Your task is to work out how many lines in the data include the word "unsigned". Reply with the number alone.

#### Items listed in a dataset
-- Opening Marker --

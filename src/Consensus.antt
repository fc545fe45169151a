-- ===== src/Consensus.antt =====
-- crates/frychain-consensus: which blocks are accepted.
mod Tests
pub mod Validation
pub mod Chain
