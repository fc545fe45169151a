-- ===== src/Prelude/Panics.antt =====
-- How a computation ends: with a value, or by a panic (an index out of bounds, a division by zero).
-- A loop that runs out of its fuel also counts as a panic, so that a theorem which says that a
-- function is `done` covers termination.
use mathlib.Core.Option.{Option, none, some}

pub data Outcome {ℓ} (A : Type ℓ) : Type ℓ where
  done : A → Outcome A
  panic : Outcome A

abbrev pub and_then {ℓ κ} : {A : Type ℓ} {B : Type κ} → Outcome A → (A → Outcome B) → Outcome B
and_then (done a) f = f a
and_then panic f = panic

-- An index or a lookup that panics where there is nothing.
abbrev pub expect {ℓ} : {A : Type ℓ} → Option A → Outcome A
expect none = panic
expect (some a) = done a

-- Closing Marker --
-- Opening Marker --

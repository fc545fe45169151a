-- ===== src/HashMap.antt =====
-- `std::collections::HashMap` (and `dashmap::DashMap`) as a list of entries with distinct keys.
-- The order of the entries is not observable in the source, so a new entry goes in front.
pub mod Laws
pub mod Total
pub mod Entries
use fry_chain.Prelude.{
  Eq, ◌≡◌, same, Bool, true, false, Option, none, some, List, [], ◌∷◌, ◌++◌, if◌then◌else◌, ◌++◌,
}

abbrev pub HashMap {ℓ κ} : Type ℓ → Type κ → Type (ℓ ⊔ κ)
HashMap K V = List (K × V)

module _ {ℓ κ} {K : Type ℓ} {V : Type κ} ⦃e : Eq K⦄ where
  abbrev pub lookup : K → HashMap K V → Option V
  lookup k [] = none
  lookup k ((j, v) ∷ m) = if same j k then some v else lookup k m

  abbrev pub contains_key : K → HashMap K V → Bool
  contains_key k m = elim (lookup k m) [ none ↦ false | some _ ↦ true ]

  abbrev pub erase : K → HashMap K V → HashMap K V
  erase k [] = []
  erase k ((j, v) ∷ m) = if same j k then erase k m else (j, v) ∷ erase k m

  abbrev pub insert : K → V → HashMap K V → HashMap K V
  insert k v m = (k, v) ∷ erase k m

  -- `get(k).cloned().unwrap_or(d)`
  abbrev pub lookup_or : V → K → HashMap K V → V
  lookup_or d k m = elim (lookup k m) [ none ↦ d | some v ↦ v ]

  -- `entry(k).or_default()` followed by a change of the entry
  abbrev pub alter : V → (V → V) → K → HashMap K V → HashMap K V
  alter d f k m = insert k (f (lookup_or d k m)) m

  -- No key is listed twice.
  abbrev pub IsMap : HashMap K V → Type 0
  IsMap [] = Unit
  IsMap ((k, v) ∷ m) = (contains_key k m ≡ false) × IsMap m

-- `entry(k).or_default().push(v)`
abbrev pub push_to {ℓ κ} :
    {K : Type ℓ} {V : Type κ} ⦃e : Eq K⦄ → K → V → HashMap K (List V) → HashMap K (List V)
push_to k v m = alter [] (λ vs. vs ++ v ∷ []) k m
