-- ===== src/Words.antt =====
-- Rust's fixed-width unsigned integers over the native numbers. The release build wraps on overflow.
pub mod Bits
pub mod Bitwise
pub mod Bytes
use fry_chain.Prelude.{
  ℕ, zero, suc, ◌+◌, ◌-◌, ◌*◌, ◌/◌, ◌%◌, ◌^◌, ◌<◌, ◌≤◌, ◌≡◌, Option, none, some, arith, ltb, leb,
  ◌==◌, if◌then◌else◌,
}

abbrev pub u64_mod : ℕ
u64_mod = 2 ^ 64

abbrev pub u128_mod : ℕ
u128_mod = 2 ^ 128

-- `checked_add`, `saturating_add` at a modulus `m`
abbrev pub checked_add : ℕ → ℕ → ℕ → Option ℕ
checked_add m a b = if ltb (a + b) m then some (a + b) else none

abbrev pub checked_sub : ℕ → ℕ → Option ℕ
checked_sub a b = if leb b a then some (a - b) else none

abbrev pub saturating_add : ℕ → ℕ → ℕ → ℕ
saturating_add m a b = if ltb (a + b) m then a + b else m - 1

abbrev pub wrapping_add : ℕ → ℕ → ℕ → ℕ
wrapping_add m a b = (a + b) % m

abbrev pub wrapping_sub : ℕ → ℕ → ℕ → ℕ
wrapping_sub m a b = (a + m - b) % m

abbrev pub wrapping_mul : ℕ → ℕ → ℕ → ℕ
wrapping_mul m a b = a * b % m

-- Closing Marker --
-- Opening Marker --

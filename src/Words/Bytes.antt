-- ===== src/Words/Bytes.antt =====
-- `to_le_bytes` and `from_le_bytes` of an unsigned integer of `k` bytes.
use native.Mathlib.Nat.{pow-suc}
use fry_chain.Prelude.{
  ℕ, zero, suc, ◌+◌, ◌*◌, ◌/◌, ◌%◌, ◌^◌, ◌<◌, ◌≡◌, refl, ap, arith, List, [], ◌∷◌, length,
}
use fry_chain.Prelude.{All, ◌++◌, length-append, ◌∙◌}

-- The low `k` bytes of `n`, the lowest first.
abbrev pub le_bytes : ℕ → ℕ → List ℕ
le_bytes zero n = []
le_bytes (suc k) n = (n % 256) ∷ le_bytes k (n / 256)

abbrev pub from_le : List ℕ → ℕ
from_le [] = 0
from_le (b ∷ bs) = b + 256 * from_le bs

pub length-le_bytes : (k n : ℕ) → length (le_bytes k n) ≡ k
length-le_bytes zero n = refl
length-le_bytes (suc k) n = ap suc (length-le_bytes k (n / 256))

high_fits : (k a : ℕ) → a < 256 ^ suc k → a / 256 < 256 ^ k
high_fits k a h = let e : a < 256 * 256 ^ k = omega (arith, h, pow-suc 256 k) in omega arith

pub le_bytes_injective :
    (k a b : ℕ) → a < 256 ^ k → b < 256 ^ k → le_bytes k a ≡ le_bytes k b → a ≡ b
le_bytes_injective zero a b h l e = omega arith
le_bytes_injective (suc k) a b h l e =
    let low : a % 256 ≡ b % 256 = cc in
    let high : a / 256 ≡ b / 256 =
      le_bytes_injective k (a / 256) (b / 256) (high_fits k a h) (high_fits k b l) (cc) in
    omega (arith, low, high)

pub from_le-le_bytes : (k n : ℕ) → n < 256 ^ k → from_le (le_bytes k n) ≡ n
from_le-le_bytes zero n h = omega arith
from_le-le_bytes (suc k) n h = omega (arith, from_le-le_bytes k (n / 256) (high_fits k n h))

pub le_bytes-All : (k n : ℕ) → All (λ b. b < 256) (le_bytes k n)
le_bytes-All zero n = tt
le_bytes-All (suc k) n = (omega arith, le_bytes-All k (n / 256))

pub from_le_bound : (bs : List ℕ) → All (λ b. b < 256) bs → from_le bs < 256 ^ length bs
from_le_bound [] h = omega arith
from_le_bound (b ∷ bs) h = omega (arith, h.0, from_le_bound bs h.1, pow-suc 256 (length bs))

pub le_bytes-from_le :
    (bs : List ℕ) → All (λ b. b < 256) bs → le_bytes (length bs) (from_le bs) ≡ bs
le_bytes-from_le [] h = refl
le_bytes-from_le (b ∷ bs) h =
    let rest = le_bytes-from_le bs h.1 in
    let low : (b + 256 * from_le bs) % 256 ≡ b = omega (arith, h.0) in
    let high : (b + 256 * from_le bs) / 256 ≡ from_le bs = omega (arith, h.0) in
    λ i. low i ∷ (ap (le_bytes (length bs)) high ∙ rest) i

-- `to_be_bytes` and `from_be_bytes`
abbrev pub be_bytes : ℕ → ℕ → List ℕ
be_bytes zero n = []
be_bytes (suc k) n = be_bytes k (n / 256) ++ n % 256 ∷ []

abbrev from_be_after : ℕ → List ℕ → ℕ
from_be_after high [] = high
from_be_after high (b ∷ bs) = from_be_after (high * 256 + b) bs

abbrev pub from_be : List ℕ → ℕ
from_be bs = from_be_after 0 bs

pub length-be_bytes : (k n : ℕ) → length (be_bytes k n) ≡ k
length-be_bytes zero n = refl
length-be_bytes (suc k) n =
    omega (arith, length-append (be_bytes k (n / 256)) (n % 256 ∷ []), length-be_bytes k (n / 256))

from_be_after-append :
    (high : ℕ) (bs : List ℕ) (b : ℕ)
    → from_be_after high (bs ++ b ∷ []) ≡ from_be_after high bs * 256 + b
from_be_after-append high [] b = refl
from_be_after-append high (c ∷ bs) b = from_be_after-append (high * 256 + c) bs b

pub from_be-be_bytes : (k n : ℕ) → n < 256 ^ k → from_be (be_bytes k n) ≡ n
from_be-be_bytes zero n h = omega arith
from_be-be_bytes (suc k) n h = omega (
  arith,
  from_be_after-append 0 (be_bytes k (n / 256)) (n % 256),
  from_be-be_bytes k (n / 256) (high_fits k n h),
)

-- Closing Marker --

#### Response area
2